>>>>

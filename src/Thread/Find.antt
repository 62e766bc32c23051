-- ===== src/Thread/Find.antt =====
-- The binary search `thread_list_find` of kern/thread.c, and the lookups that use it.
use bradyp_os.Base.{ℕ, zero, suc, ◌+◌, ◌-◌, ◌/◌, ◌≤◌, ◌<◌, ◌≡◌, refl, ◌∙◌, ap, some, arith}
use bradyp_os.Ids.{thread_no, same_threads}
use bradyp_os.Kernel.{Kernel, thread_idx_invalid}
use bradyp_os.Thread.{
  number_at, find_loop, thread_list_find, thread_map_find, find_thread_by_global_id,
}

-- The thread numbers of the list grow strictly.
abbrev pub IsSorted : Kernel → Type 0
IsSorted k = (i j : ℕ) → i < j → j < k.thread_count → number_at k i < number_at k j

module _ (k : Kernel) (number : ℕ) where
  find_loop-le :
      (fuel low high : ℕ)
      → low ≤ high
      → high ≤ k.thread_count
      → find_loop fuel k number low high ≤ k.thread_count
  unfolding find_loop
  find_loop-le zero low high p q = omega arith
  find_loop-le (suc fuel) low high p q = ground (
    arith,
    find_loop-le fuel ((low + high) / 2 + 1) high,
    find_loop-le fuel low ((low + high) / 2 - 1),
  )

  find_loop-at :
      (fuel low high i : ℕ)
      → IsSorted k
      → number_at k i ≡ number
      → i < k.thread_count
      → low ≤ i
      → i ≤ high
      → low < high
      → high ≤ k.thread_count
      → high < low + fuel
      → find_loop fuel k number low high ≡ i
  unfolding find_loop
  find_loop-at zero low high i s e c l h b d f = absurd (omega arith)
  find_loop-at (suc fuel) low high i s e c l h b d f = ground (
    arith,
    s i ((low + high) / 2),
    s ((low + high) / 2) i,
    find_loop-at fuel ((low + high) / 2 + 1) high i s e c,
    find_loop-at fuel low ((low + high) / 2 - 1) i s e c,
  )

module _ (k : Kernel) (gid : ℕ) where
  -- The search never leaves the entries and the one behind them.
  pub thread_list_find-le-count : thread_list_find k gid ≤ k.thread_count
  unfolding thread_list_find
  thread_list_find-le-count =
      find_loop-le k (thread_no gid) (suc k.thread_count) 0 k.thread_count (omega arith)
        (omega arith)

  -- In a sorted list, a thread is found at its place.
  pub thread_list_find-at :
      (i : ℕ)
      → IsSorted k
      → number_at k i ≡ thread_no gid
      → i < k.thread_count
      → thread_list_find k gid ≡ i
  unfolding thread_list_find
  thread_list_find-at i s e c =
      find_loop-at k (thread_no gid) (suc k.thread_count) 0 k.thread_count i s e c (omega arith)
        (omega arith) (omega arith) (omega arith) (omega arith)

  -- In a sorted list, `find_thread_by_global_id` returns the block of every listed thread
  -- number, where the list names a block.
  pub find_thread-listed :
      (i : ℕ)
      → IsSorted k
      → number_at k i ≡ thread_no gid
      → i < k.thread_count
      → k.thread_list i < thread_idx_invalid
      → find_thread_by_global_id k gid ≡ some (k.thread_list i)
  unfolding find_thread_by_global_id thread_map_find same_threads
  find_thread-listed i s e c valid = ground (arith, thread_list_find-at i s e c)

  -- What a search returns has the thread number that was asked for, and stands in the list or right
  -- behind it.
  pub find_thread_sound :
      {t : ℕ}
      → find_thread_by_global_id k gid ≡ some t
      → (thread_no (k.tcb_store t).global_id ≡ thread_no gid)
        × ((i : ℕ) × (i ≤ k.thread_count) × (k.thread_list i ≡ t))
  unfolding find_thread_by_global_id thread_map_find same_threads
  find_thread_sound h =
      (ground (arith), (thread_list_find k gid, thread_list_find-le-count, ground arith))

-- The list, its length and the identifiers of the threads are the same.
pub record SameNames (k k' : Kernel) : Type 0 where
  pub list : k'.thread_list ≡ k.thread_list
  pub length : k'.thread_count ≡ k.thread_count
  pub ids : (x : ℕ) → (k'.tcb_store x).global_id ≡ (k.tcb_store x).global_id

find_loop-same :
    (fuel : ℕ) (k k' : Kernel) (number low high : ℕ)
    → SameNames k k'
    → find_loop fuel k' number low high ≡ find_loop fuel k number low high
unfolding find_loop
find_loop-same zero k k' number low high s = refl
find_loop-same (suc fuel) k k' number low high s =
    let mid = (low + high) / 2 in
    rw
      (
        find_loop,
        find_loop-same fuel k k' number (mid + 1) high s,
        find_loop-same fuel k k' number low (mid - 1) s,
        s.list,
        s.ids,
        s.length,
      )
      refl

thread_list_find-same :
    (k k' : Kernel) (gid : ℕ) → SameNames k k' → thread_list_find k' gid ≡ thread_list_find k gid
unfolding thread_list_find
thread_list_find-same k k' gid s =
    find_loop-same (suc k'.thread_count) k k' (thread_no gid) 0 k'.thread_count s
    ∙ ap (λ c. find_loop (suc c) k (thread_no gid) 0 c) s.length

thread_map_find-same :
    (k k' : Kernel) (gid : ℕ) → SameNames k k' → thread_map_find k' gid ≡ thread_map_find k gid
unfolding thread_map_find
thread_map_find-same k k' gid s =
    let e = thread_list_find-same k k' gid s in
    let l : k'.thread_list (thread_list_find k' gid) ≡ k.thread_list (thread_list_find k gid) =
      rw (e, s.list) refl in
    rw (l, s.ids) refl

-- Threads are found as before.
pub find_thread-same :
    (k k' : Kernel) (gid : ℕ)
    → SameNames k k'
    → find_thread_by_global_id k' gid ≡ find_thread_by_global_id k gid
unfolding find_thread_by_global_id
find_thread-same k k' gid s = rw (thread_map_find-same k k' gid s) refl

<<<<

**PROBLEM TO SOLVE:** For the data above, count every line in which the string "zero" appears, and answer with the count only.

**OUTPUT OF THE EXERCISE:** 4